Content starts

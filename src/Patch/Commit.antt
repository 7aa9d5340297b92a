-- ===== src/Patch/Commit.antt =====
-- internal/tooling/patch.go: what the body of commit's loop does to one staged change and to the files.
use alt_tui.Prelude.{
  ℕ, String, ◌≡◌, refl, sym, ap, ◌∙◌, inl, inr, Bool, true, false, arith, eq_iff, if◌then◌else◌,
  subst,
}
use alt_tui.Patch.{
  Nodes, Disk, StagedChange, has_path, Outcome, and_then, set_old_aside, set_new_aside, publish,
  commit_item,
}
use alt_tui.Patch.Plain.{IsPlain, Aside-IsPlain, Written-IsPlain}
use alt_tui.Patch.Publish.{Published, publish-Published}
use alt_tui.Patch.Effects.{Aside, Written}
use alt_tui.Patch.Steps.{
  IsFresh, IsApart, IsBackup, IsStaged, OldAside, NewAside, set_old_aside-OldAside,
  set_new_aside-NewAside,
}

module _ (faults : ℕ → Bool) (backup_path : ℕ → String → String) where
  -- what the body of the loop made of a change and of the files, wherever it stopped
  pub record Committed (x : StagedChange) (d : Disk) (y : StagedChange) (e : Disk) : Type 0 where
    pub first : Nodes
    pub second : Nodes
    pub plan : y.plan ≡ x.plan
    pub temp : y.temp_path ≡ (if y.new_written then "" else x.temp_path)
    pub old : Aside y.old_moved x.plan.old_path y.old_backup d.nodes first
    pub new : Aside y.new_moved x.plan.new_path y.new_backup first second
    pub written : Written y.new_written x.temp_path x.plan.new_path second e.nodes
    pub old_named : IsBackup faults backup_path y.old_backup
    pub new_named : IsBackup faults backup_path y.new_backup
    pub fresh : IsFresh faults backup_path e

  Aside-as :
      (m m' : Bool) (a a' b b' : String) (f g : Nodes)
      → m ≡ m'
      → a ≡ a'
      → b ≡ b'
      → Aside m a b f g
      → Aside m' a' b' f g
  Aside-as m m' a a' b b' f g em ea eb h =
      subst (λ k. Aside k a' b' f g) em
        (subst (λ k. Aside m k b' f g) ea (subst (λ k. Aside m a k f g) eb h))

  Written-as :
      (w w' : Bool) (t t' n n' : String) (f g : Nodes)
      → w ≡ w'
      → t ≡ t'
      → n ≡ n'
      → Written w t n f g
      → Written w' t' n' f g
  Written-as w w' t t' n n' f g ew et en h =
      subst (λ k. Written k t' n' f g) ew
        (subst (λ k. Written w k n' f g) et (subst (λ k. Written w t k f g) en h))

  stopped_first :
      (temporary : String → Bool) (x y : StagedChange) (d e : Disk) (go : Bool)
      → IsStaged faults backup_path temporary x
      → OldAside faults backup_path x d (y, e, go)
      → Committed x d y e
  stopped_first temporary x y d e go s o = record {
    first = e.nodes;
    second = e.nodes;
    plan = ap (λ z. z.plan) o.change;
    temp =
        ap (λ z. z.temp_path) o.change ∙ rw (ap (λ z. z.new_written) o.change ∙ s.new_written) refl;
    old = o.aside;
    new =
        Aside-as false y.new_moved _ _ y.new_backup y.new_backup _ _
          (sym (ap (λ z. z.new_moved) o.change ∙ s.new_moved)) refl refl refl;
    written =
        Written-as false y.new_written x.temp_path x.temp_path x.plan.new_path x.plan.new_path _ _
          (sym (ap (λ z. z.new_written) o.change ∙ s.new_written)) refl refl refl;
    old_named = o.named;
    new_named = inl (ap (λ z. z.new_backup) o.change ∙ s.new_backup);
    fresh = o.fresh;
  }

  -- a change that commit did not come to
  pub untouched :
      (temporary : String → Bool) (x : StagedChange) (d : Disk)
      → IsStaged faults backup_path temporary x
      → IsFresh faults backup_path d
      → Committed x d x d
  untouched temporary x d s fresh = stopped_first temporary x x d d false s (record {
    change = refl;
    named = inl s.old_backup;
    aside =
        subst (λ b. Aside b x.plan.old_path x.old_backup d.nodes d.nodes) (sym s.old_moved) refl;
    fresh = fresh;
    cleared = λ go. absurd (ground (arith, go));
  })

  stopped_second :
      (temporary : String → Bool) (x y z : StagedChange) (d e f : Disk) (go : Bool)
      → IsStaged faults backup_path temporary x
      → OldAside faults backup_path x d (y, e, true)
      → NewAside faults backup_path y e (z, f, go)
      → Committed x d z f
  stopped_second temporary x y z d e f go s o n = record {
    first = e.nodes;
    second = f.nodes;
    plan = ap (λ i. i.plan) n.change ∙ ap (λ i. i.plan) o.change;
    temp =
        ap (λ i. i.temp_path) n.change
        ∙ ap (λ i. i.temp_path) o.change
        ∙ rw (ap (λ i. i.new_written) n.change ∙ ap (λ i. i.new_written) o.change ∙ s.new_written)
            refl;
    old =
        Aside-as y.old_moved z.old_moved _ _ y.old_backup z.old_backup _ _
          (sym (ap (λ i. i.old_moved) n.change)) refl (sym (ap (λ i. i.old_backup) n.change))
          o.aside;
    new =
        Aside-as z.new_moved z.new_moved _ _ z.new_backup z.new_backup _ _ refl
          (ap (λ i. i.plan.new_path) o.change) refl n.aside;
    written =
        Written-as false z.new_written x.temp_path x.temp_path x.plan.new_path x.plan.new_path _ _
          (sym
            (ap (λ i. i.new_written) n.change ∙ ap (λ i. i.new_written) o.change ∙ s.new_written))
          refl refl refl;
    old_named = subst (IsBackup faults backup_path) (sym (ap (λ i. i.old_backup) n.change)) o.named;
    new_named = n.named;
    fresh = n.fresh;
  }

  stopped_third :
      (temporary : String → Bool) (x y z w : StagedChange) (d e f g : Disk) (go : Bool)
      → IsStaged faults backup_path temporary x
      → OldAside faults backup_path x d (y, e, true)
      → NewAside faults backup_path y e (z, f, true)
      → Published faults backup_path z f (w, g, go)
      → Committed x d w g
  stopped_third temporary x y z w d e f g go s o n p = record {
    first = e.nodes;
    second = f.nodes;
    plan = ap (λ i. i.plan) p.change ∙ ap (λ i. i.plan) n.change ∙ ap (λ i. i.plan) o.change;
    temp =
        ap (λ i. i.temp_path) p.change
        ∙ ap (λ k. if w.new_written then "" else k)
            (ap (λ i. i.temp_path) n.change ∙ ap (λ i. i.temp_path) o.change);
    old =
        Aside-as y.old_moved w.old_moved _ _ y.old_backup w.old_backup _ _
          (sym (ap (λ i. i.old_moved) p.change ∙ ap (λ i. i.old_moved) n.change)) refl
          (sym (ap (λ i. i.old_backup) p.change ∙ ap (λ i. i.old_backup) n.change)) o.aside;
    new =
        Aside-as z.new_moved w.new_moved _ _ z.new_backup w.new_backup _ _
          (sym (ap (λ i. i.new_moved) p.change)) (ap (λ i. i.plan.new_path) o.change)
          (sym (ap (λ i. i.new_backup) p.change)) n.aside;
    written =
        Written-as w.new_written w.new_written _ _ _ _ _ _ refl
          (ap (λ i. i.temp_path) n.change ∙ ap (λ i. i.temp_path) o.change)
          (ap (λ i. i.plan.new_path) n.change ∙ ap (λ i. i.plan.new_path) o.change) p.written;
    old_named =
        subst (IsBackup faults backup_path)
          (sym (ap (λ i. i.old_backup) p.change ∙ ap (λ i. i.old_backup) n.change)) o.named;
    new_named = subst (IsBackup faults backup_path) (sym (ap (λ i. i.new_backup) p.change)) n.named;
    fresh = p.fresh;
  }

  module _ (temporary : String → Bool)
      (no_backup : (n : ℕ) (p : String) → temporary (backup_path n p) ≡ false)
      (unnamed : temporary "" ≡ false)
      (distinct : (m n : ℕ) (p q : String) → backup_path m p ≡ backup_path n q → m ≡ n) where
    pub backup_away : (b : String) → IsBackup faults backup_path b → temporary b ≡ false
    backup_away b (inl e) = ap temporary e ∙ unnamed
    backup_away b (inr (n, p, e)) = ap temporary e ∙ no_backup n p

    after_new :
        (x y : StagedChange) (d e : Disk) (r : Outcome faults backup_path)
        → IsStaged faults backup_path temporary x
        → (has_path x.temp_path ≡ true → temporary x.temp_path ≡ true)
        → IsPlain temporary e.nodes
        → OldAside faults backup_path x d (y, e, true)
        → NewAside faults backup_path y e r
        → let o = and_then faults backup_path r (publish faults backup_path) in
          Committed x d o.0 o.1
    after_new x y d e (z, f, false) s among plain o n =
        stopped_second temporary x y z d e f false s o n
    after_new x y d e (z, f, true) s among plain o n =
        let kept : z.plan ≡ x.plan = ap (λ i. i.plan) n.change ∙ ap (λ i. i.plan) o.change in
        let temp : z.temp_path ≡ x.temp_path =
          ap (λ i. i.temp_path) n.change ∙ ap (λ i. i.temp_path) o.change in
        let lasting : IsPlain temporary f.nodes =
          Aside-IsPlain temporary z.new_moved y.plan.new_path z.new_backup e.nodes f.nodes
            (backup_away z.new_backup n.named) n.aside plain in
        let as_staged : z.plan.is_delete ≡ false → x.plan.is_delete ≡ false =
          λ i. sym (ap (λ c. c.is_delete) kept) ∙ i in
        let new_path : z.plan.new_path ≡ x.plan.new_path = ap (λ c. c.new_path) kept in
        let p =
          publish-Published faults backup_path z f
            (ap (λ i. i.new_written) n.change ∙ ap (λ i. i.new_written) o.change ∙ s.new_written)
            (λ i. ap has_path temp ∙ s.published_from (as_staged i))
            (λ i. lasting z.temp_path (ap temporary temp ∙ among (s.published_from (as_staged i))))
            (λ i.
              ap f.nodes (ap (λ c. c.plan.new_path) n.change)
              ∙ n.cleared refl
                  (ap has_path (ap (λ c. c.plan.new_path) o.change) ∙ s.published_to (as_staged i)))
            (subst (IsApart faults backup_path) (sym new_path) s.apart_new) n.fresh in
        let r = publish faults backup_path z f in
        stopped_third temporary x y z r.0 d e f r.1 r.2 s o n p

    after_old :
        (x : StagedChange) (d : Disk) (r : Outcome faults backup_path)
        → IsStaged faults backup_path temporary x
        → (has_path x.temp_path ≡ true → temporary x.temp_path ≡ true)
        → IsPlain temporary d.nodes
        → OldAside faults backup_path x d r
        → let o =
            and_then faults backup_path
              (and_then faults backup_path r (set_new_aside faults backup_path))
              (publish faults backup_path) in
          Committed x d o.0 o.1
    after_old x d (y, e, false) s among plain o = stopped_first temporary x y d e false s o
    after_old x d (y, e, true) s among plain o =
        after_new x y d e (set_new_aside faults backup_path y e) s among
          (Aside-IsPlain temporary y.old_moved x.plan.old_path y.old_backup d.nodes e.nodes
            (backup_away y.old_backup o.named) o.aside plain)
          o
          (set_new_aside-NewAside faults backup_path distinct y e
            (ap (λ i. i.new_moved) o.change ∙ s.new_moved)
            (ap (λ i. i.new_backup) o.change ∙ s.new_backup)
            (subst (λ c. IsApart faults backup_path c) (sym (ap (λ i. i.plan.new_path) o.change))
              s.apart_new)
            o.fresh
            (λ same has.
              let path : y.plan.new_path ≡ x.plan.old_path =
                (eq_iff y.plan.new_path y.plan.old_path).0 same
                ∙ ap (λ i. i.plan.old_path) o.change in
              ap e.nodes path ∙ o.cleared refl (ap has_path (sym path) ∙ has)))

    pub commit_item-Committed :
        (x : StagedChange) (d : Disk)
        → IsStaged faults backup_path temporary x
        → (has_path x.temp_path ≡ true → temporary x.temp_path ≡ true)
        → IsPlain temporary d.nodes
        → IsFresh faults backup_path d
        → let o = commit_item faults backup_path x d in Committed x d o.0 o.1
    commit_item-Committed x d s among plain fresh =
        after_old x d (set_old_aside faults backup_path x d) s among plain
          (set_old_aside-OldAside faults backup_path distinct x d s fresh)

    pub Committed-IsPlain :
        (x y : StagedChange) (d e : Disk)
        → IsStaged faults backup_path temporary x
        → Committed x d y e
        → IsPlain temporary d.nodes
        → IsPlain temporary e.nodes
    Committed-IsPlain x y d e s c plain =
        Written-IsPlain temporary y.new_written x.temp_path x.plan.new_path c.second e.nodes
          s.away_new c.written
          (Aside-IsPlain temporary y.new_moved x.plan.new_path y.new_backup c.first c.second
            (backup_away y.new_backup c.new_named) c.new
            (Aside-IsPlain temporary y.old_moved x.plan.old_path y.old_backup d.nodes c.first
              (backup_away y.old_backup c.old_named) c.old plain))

Content ends

[Task to complete]: Reproduce exactly the stretch of the material above that starts at the line with "ap (λ z. z.temp_path)" and ends at the line with "old_named = o.named;", both included, and nothing else.

[Exercise result]:
        ap (λ z. z.temp_path) o.change ∙ rw (ap (λ z. z.new_written) o.change ∙ s.new_written) refl;
    old = o.aside;
    new =
        Aside-as false y.new_moved _ _ y.new_backup y.new_backup _ _
          (sym (ap (λ z. z.new_moved) o.change ∙ s.new_moved)) refl refl refl;
    written =
        Written-as false y.new_written x.temp_path x.temp_path x.plan.new_path x.plan.new_path _ _
          (sym (ap (λ z. z.new_written) o.change ∙ s.new_written)) refl refl refl;
    old_named = o.named;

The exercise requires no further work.